Anatomy of an attack: ‘CEO fraud’ caper nets $450,000
Work and pleasure don't mix: Spear phishers target execs who use personal Gmail interchangeably with 'work' email
By Byron Acohido, ThirdCertainty
Core finding: It has become commonplace for senior executives to use free Web mail, especially Gmail, interchangeably with corporate email. This has given rise to a type of scam in which a thief manipulates email accounts. The goal: impersonate an authority figure in order to get a subordinate to do something quickly, without asking questions. The FBI calls this “CEO fraud,” and a surge of these capers has resulted in scammers stealing a stunning $750 million from more than 7,000 U.S. companies from October 2013 through August 2015. In this specific attack, the scammer targets an attorney from a big city in the northeast.
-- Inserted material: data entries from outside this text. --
-- ===== src/Walk/Now.antt =====
-- The base layer along a walk, against what the sidecars of each commit state.
use mathlib.Core.Path.{subst}
use git_lex.Base.{
  ◌≡◌, ◌↔◌, refl, ap, sym, ◌∙◌, Bool, true, false, List, [], ◌∷◌, Result, ok, All, if◌then◌else◌,
  Option,
}
use git_lex.Text.{Text}
use git_lex.Sets.{member, difference, extend, difference-member, All-member}
use git_lex.Fallible.{and_then, and_then-ok, ok-eq}
use git_lex.Walk.{WalkCommit, GraphStore}
use git_lex.Walk.Terms.{Op}
use git_lex.Walk.Sidecars.{SidecarReader, resolve_sidecar_at}
use git_lex.Walk.World.{Says, Untouched, Anywhere, IsDiff, commit-Says, side-Says}
use git_lex.Walk.Engine.{
  WalkState, CommitSides, old_paths, new_paths, resolve_side, resolve_commit_sides, record_events,
  still_live, commit_events, walk_commits,
}
use git_lex.Walk.Batch.{IsFact, IsTidy, view}
use git_lex.Walk.Events.{IsStatement, record_events-view}
use git_lex.Walk.Guard.{retracts_still_live}
use git_lex.Walk.Exact.{IsAnchoredHistory, resolve-IsEmitted, retracts_still_live-exact}
use git_lex.Walk.Edges.{IsPlain, Follows, record_events-Follows}

-- Each commit's diff is taken against the commit walked before it.
abbrev pub IsChain : Text → List WalkCommit → Type 0
IsChain sha [] = Unit
IsChain sha (c ∷ cs) = (c.parent_sha ≡ sha) × IsChain c.sha cs

abbrev pub last_sha : Text → List WalkCommit → Text
last_sha sha [] = sha
last_sha sha (c ∷ cs) = last_sha c.sha cs

module _ (from_utf8 : Text → Option Text) (is_iri : Text → Bool) (digest : Text → Text)
    {S O E : Type 0} (graph : GraphStore S E) (reader : SidecarReader O E)
    (resolve_lines : List Text → Text → Text → Result E (List Text))
    (anchored : IsAnchoredHistory from_utf8 is_iri reader resolve_lines) where
  abbrev resolve : Text → Text → Result E (List Text)
  resolve = resolve_sidecar_at reader resolve_lines

  abbrev guard : List Text → List Text → WalkCommit → WalkState S → Result E (List Text)
  guard = retracts_still_live from_utf8 is_iri graph reader resolve_lines

  -- What holds, with the pending effects, is what the sidecars of the commit say.
  abbrev pub HoldsAt : Text → WalkState S → Type 0
  HoldsAt sha st = (q : Text) → IsFact q → (view graph q st ≡ true) ↔ Says resolve Anywhere sha q

  abbrev pub IsSound : WalkState S → Type 0
  IsSound st = IsTidy graph st × Follows st

  abbrev sides_of : WalkCommit → List Text → List Text → CommitSides
  sides_of c olds news = record {
    old_side = old_paths c;
    new_side = new_paths c;
    old_triples = olds;
    new_triples = news;
  }

  said-emitted :
      (sha : Text) (paths out : List Text) (q : Text)
      → resolve_side resolve sha paths [] ≡ ok out
      → member q out ≡ true
      → IsStatement q × IsPlain q
  said-emitted sha paths out q e m =
      let (path, lines, _, f, k) = side-Says resolve sha paths out q e m in
      let (_, _, emitted) =
        resolve-IsEmitted from_utf8 is_iri graph reader resolve_lines anchored sha path q lines f
          k in
      (emitted.statement, emitted.plain)

  still_live-guard :
      (retracts touched_any : List Text) (c : WalkCommit) (st : WalkState S) (z : Text)
      → member z retracts ≡ true
      → still_live graph digest resolve guard retracts touched_any c st
        ≡ guard retracts touched_any c st
  still_live-guard [] touched_any c st z m = cc
  still_live-guard (r ∷ rs) touched_any c st z m = refl

  live-exact :
      (c : WalkCommit) (st : WalkState S) (retracts live : List Text) (q : Text)
      → IsDiff resolve c
      → ((q : Text) → IsFact q → Says resolve Anywhere c.parent_sha q → view graph q st ≡ true)
      → Follows st
      → still_live graph digest resolve guard retracts (extend (old_paths c) (new_paths c)) c st
        ≡ ok live
      → member q retracts ≡ true
      → (member q live ≡ true) ↔ Says resolve (Untouched c) c.sha q
  live-exact c st retracts live q d held follows found m =
      retracts_still_live-exact from_utf8 is_iri graph reader resolve_lines anchored c st retracts
        live q d held follows
        (sym (still_live-guard retracts (extend (old_paths c) (new_paths c)) c st q m) ∙ found) m

  -- One commit's events.
  commit_events-Says :
      (c : WalkCommit) (st after : WalkState S) (olds news : List Text)
      → IsDiff resolve c
      → resolve_side resolve c.parent_sha (old_paths c) [] ≡ ok olds
      → resolve_side resolve c.sha (new_paths c) [] ≡ ok news
      → IsSound st
      → HoldsAt c.parent_sha st
      → commit_events graph digest resolve guard c st (sides_of c olds news) ≡ ok after
      → IsSound after × HoldsAt c.sha after
  commit_events-Says c st after olds news d eo en (tidy, follows) held h =
      let retracts = difference olds news in
      let touched_any = extend (old_paths c) (new_paths c) in
      let (live, found, r1) =
        and_then-ok (still_live graph digest resolve guard retracts touched_any c st)
          (λ live.
            and_then (record_events graph digest (difference retracts live) Op.retract_op c.sha st)
              (λ st. record_events graph digest (difference news olds) Op.assert_op c.sha st))
          after h in
      let (mid, retracted, asserted) =
        and_then-ok (record_events graph digest (difference retracts live) Op.retract_op c.sha st)
          (λ st. record_events graph digest (difference news olds) Op.assert_op c.sha st) after
          r1 in
      let gone : (q : Text)
          → member q (difference retracts live) ≡ true
          → IsStatement q × IsPlain q =
        λ q m.
          said-emitted c.parent_sha (old_paths c) olds q eo
            (difference-member q olds news (difference-member q retracts live m)) in
      let come : (q : Text) → member q (difference news olds) ≡ true → IsStatement q × IsPlain q =
        λ q m. said-emitted c.sha (new_paths c) news q en (difference-member q news olds m) in
      let gone_s = All-member IsStatement (difference retracts live) (λ q m. (gone q m).0) in
      let come_s = All-member IsStatement (difference news olds) (λ q m. (come q m).0) in
      let gone_p = All-member IsPlain (difference retracts live) (λ q m. (gone q m).1) in
      let come_p = All-member IsPlain (difference news olds) (λ q m. (come q m).1) in
      let first : (q : Text)
          → IsFact q
          → (view graph q mid
              ≡ (if member q (difference retracts live) then false else view graph q st))
            × IsTidy graph mid =
        λ q f.
          record_events-view graph digest (difference retracts live) Op.retract_op c.sha st mid q
            gone_s tidy f retracted in
      let mid_tidy = (first [] refl).1 in
      let second : (q : Text)
          → IsFact q
          → (view graph q after
              ≡ (if member q (difference news olds) then true else view graph q mid))
            × IsTidy graph after =
        λ q f.
          record_events-view graph digest (difference news olds) Op.assert_op c.sha mid after q
            come_s mid_tidy f asserted in
      (
        (
          (second [] refl).1,
          record_events-Follows graph digest (difference news olds) Op.assert_op c.sha mid after
              come_s come_p
              (record_events-Follows graph digest (difference retracts live) Op.retract_op c.sha st
                mid gone_s gone_p follows retracted)
              asserted,
        ),
        λ q f.
            subst (λ b. (b ≡ true) ↔ Says resolve Anywhere c.sha q)
              (sym (
                (second q f).0
                ∙ ap (λ b. if member q (difference news olds) then true else b) (first q f).0))
              (commit-Says resolve c olds news live q (view graph q st) d eo en
                (live-exact c st retracts live q d (λ q f. (held q f).1) follows found) (held q f)),
      )

  -- A whole walk.
  pub walk_commits-Says :
      (sha : Text) (cs : List WalkCommit) (st after : WalkState S)
      → IsChain sha cs
      → All (IsDiff resolve) cs
      → IsSound st
      → HoldsAt sha st
      → walk_commits graph digest resolve guard cs st ≡ ok after
      → IsSound after × HoldsAt (last_sha sha cs) after
  unfolding walk_commits
  walk_commits-Says sha [] st after chain d sound held h = rw (sym (ok-eq st after h)) (sound, held)
  walk_commits-Says sha (c ∷ cs) st after (base, chain) (d, ds) sound held h =
      let (sides, resolved, r1) =
        and_then-ok (resolve_commit_sides resolve c)
          (λ sides.
            and_then (commit_events graph digest resolve guard c st sides)
              (λ st. walk_commits graph digest resolve guard cs st))
          after h in
      let (mid, r2, r3) =
        and_then-ok (commit_events graph digest resolve guard c st sides)
          (λ st. walk_commits graph digest resolve guard cs st) after r1 in
      let (olds, eo, r4) =
        and_then-ok (resolve_side resolve c.parent_sha (old_paths c) [])
          (λ olds.
            and_then (resolve_side resolve c.sha (new_paths c) [])
              (λ news. ok (sides_of c olds news)))
          sides resolved in
      let (news, en, r5) =
        and_then-ok (resolve_side resolve c.sha (new_paths c) [])
          (λ news. ok (sides_of c olds news)) sides r4 in
      let (sound, held) =
        commit_events-Says c st mid olds news d eo en sound
          (subst (λ s. HoldsAt s st) (sym base) held)
          (ap (commit_events graph digest resolve guard c st)
              (ok-eq (sides_of c olds news) sides r5)
            ∙ r2) in
      walk_commits-Says c.sha cs mid after chain ds sound held r3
Attack vector: The scammer gathers intelligence about real estate transactions handled by the attorney and drills down on a specific deal in which the law firm is handling the purchase of a $450,000 home for a client. The scammer learns this attorney is in the habit of using his personal Gmail account interchangeably with his law firm’s email. As the transaction approaches the final step, the attorney’s paralegal receives a spoofed email that appears to come from her boss. She instantly follows a directive to cancel a check for $450,000 that she is about to mail, and instead wires the funds into an account designated by the scammer.
More video: Scammers exploit trust in Google’s platform
Distinctive technique: The funds initially get routed to another law firm in the southwest. A subordinate in this law firm also appears to have been spoofed by the scammer to be prepared to move funds once again, this time into an account set up in a U.S. branch office of Sumitomo Bank, a giant global institution with headquarters in Tokyo. “At this point, it is not likely the $450,000 will ever be recovered,” says IDT911 Chief Privacy Officer Eduard Goodman. “Once a transfer like this is made, you can’t really unring that bell.”
Wider implications: U.S. consumers are well protected by federal law and banks usually will reimburse individual consumers victimized by cyber criminals. However, banks are under no legal obligation to offer any relief to businesses, large or small, that have been tricked like this. The lion’s share of the $750 million lost in documented cases of CEO fraud has most likely been absorbed by the duped business entities.
Infographic: More Americans living with data insecurity
Excerpts from ThirdCertainty’s interview with Goodman. (Answers edited for length and clarity.)
3C: Businesses are losing one heck of a lot of money to CEO fraud.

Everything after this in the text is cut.